[Records contained in a dataset]
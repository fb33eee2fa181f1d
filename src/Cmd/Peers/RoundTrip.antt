-- ===== src/Cmd/Peers/RoundTrip.antt =====
-- A list of peers that is printed as the flag wants it parses to the peers.
use uav.Base.{
  nat_key, ℕ, zero, suc, ◌+◌, ◌*◌, ◌-◌, ◌/◌, ◌%◌, ◌<◌, ◌≤◌, ◌≡◌, refl, sym, ap, ◌∙◌, ◌==◌, ◌&&◌,
  ◌||◌, ltb, Bool, true, false, some, List, [], ◌∷◌, ◌++◌, if◌then◌else◌, length, inl, inr,
  Bool-cases, arith,
}
use uav.Base.Map
use uav.Base.Map.{Map, listed}
use uav.Cmd.Peers.{
  comma, equals_sign, Text, is_space, trim_left, trim_right, trim_space, onto_first, split, before,
  cut, is_digit, read_digits, fits16, parse_uint16, peers, parse_items, parse_peers,
}

-- A number in decimal, on fuel above it.
unfoldable pub decimal : ℕ → ℕ → Text
decimal zero n = []
decimal (suc k) n =
    let front = decimal k (n / 10) in
    if ltb n 10 then (48 + n) ∷ [] else front ++ (48 + n % 10) ∷ []

-- A peer with its id and its address, as id=addr.
abbrev pub item : ℕ × Text → Text
item (id, addr) = decimal (suc id) id ++ equals_sign ∷ addr

unfoldable pub print_peers : List (ℕ × Text) → Text
print_peers [] = []
print_peers (p ∷ []) = item p
print_peers (p ∷ q ∷ ps) = item p ++ comma ∷ print_peers (q ∷ ps)

abbrev all_digits : Text → Bool
all_digits [] = true
all_digits (c ∷ cs) = is_digit c && all_digits cs

all_digits-append : (xs ys : Text) → all_digits (xs ++ ys) ≡ (all_digits xs && all_digits ys)
all_digits-append [] ys = refl
all_digits-append (c ∷ xs) ys = ground (arith, all_digits-append xs ys)

all_digits-decimal : (k n : ℕ) → all_digits (decimal k n) ≡ true
unfolding decimal
all_digits-decimal zero n = refl
all_digits-decimal (suc k) n = elim (Bool-cases (ltb n 10)) [
  | inl small ↦ rw small (ground (arith, small))
  | inr large ↦ rw large (
      all_digits-append (decimal k (n / 10)) ((48 + n % 10) ∷ [])
      ∙ ground (arith, all_digits-decimal k (n / 10)))
]

-- A digit is no comma, no equals sign and no space.
digits-free : (c : ℕ) (s : Text) → (c < 48) → all_digits s ≡ true → listed c s ≡ false
digits-free c [] low d = refl
digits-free c (x ∷ s) low d = ground (arith, digits-free c s, d, low)

digits-free_equals : (s : Text) → all_digits s ≡ true → listed equals_sign s ≡ false
digits-free_equals [] d = refl
digits-free_equals (x ∷ s) d = ground (arith, digits-free_equals s, d)

not_space : (c : ℕ) → is_digit c ≡ true → is_space c ≡ false
not_space c d = ground (arith, d)

trim_left-digits : (s : Text) → all_digits s ≡ true → trim_left s ≡ s
unfolding trim_left
trim_left-digits [] d = refl
trim_left-digits (c ∷ s) d =
    let none_there : is_space c ≡ false = not_space c (ground (arith, d)) in rw none_there refl

trim_right-digits : (s : Text) → all_digits s ≡ true → trim_right s ≡ s
unfolding trim_right
trim_right-digits [] d = refl
trim_right-digits (c ∷ s) d =
    let none_there : is_space c ≡ false = not_space c (ground (arith, d)) in
    rw none_there (ap (λ r. c ∷ r) (trim_right-digits s (ground (arith, d))))

read_digits-append :
    (n d : ℕ) (s : Text)
    → all_digits s ≡ true
    → d < 10
    → (value : ℕ) → read_digits n s ≡ some value
    → read_digits n (s ++ (48 + d) ∷ []) ≡ some (10 * value + d)
unfolding read_digits
read_digits-append n d [] ok small value e =
    let digit : is_digit (48 + d) ≡ true = ground (arith, small) in
    let same : n ≡ value = cc in rw digit (ap some (omega (arith, same)))
read_digits-append n d (c ∷ s) ok small value e =
    let digit : is_digit c ≡ true = ground (arith, ok) in
    let step : read_digits n (c ∷ s) ≡ read_digits (10 * n + (c - 48)) s = rw digit refl in
    rw digit
      (read_digits-append (10 * n + (c - 48)) d s (ground (arith, ok)) small value (sym step ∙ e))

read_digits-decimal : (k n : ℕ) → n < k → read_digits 0 (decimal k n) ≡ some n
unfolding decimal read_digits
read_digits-decimal zero n enough = absurd (omega arith)
read_digits-decimal (suc k) n enough = elim (Bool-cases (ltb n 10)) [
  | inl small ↦
      let digit : is_digit (48 + n) ≡ true = ground (arith, small) in
      rw (small, digit) (ap some (omega arith))
  | inr large ↦
      let front = read_digits-decimal k (n / 10) (ground (arith, large)) in
      rw large (
        read_digits-append 0 (n % 10) (decimal k (n / 10)) (all_digits-decimal k (n / 10))
          (omega arith) (n / 10) front
        ∙ ap some (omega arith))
]

cut-item :
    (front back : Text)
    → listed equals_sign front ≡ false
    → cut equals_sign (front ++ equals_sign ∷ back) ≡ some (front, back)
unfolding cut
cut-item [] back free = refl
cut-item (c ∷ front) back free =
    let other : (c == equals_sign) ≡ false = ground (arith, free) in
    rw other (ap (before c) (cut-item front back (ground (arith, free))))

split-one : (s : Text) → listed comma s ≡ false → split comma s ≡ s ∷ []
unfolding split
split-one [] free = refl
split-one (c ∷ s) free =
    let other : (c == comma) ≡ false = ground (arith, free) in
    rw other (ap (onto_first c) (split-one s (ground (arith, free))))

split-more :
    (s rest : Text)
    → listed comma s ≡ false
    → split comma (s ++ comma ∷ rest) ≡ s ∷ split comma rest
unfolding split
split-more [] rest free = refl
split-more (c ∷ s) rest free =
    let other : (c == comma) ≡ false = ground (arith, free) in
    rw other (ap (onto_first c) (split-more s rest (ground (arith, free))))

listed-append : (c : ℕ) (xs ys : Text) → listed c (xs ++ ys) ≡ (listed c xs || listed c ys)
listed-append c [] ys = refl
listed-append c (x ∷ xs) ys = ground (arith, listed-append c xs ys)

-- A peer that the flag can name: the id has 16 bits, and the address has no comma and no space around it.
pub record IsNamed (p : ℕ × Text) : Type 0 where
  pub id_fits : p.0 ≤ 65535
  pub no_comma : listed comma p.1 ≡ false
  pub trimmed : trim_space p.1 ≡ p.1

abbrev pub AreNamed : List (ℕ × Text) → Type 0
AreNamed [] = Unit
AreNamed (p ∷ ps) = IsNamed p × AreNamed ps

-- The map with these peers, the later ones first to count.
abbrev pub put_all : List (ℕ × Text) → Map ℕ Text → Map ℕ Text
put_all [] out = out
put_all ((id, addr) ∷ ps) out = put_all ps (Map.put id addr out)

length-between : (xs ys : Text) (c : ℕ) → (length (xs ++ c ∷ ys) == 0) ≡ false
length-between [] ys c = ground arith
length-between (x ∷ xs) ys c = ground arith

length-decimal : (k n : ℕ) → (length (decimal (suc k) n) == 0) ≡ false
unfolding decimal
length-decimal k n = elim (Bool-cases (ltb n 10)) [
  | inl small ↦ rw small (ground arith)
  | inr large ↦ rw large (length-between (decimal k (n / 10)) [] (48 + n % 10))
]

length-print_peers :
    (p : ℕ × Text) (ps : List (ℕ × Text)) → (length (print_peers (p ∷ ps)) == 0) ≡ false
unfolding print_peers
length-print_peers (id, addr) [] = length-between (decimal (suc id) id) addr equals_sign
length-print_peers p (q ∷ ps) = length-between (item p) (print_peers (q ∷ ps)) comma

parse_uint16-decimal :
    (id : ℕ) → id ≤ 65535 → parse_uint16 (trim_space (decimal (suc id) id)) ≡ some id
unfolding parse_uint16 trim_space
parse_uint16-decimal id fits =
    let text = decimal (suc id) id in
    let ok = all_digits-decimal (suc id) id in
    let trimmed : trim_right (trim_left text) ≡ text =
      ap trim_right (trim_left-digits text ok) ∙ trim_right-digits text ok in
    let full = length-decimal id id in
    rw (trimmed, full)
      (ap fits16 (read_digits-decimal (suc id) id (omega arith)) ∙ ground (arith, fits))

item-comma : (p : ℕ × Text) → IsNamed p → listed comma (item p) ≡ false
item-comma (id, addr) named =
    let front =
      digits-free comma (decimal (suc id) id) (omega arith) (all_digits-decimal (suc id) id) in
    listed-append comma (decimal (suc id) id) (equals_sign ∷ addr)
    ∙ ground (arith, front, named.no_comma)

parse_items-step :
    (spec : Text) (items : List Text) (out : Map ℕ Text) (id_text addr : Text) (id : ℕ)
    → cut equals_sign spec ≡ some (id_text, addr)
    → parse_uint16 (trim_space id_text) ≡ some id
    → parse_items (spec ∷ items) out ≡ parse_items items (Map.put id (trim_space addr) out)
unfolding parse_items
parse_items-step spec items out id_text addr id parts id_read = simp (parts, id_read, parse_items)

parse_items-item :
    (p : ℕ × Text) (items : List Text) (out : Map ℕ Text)
    → IsNamed p
    → parse_items (item p ∷ items) out ≡ parse_items items (Map.put p.0 p.1 out)
parse_items-item (id, addr) items out named =
    let parts =
      cut-item (decimal (suc id) id) addr
        (digits-free_equals (decimal (suc id) id) (all_digits-decimal (suc id) id)) in
    let id_read = parse_uint16-decimal id named.id_fits in
    parse_items-step (item (id, addr)) items out (decimal (suc id) id) addr id parts id_read
    ∙ ap (λ a. parse_items items (Map.put id a out)) named.trimmed

parse_items-print :
    (p : ℕ × Text) (ps : List (ℕ × Text)) (out : Map ℕ Text)
    → AreNamed (p ∷ ps)
    → parse_items (split comma (print_peers (p ∷ ps))) out ≡ peers (put_all (p ∷ ps) out)
unfolding print_peers parse_items
parse_items-print p [] out (named, _) =
    ap (λ items. parse_items items out) (split-one (item p) (item-comma p named))
    ∙ parse_items-item p [] out named
parse_items-print p (q ∷ ps) out (named, rest) =
    ap (λ items. parse_items items out)
      (split-more (item p) (print_peers (q ∷ ps)) (item-comma p named))
    ∙ parse_items-item p (split comma (print_peers (q ∷ ps))) out named
    ∙ parse_items-print q ps (Map.put p.0 p.1 out) rest

-- parsePeers reads the list that names peers as id=addr, with commas between them, as the map of these
-- peers, if the ids have 16 bits and the addresses have no comma and no space around them; an address may
-- have an equals sign.
pub parse_peers-print_peers :
    (ps : List (ℕ × Text)) → AreNamed ps → parse_peers (print_peers ps) ≡ peers (put_all ps [])
unfolding parse_peers print_peers
parse_peers-print_peers [] named = refl
parse_peers-print_peers (p ∷ ps) named =
    rw (length-print_peers p ps) (parse_items-print p ps [] named)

> [Exercise]
Copy each line above holding "Type".

> [Written solution]
pub record IsNamed (p : ℕ × Text) : Type 0 where
abbrev pub AreNamed : List (ℕ × Text) → Type 0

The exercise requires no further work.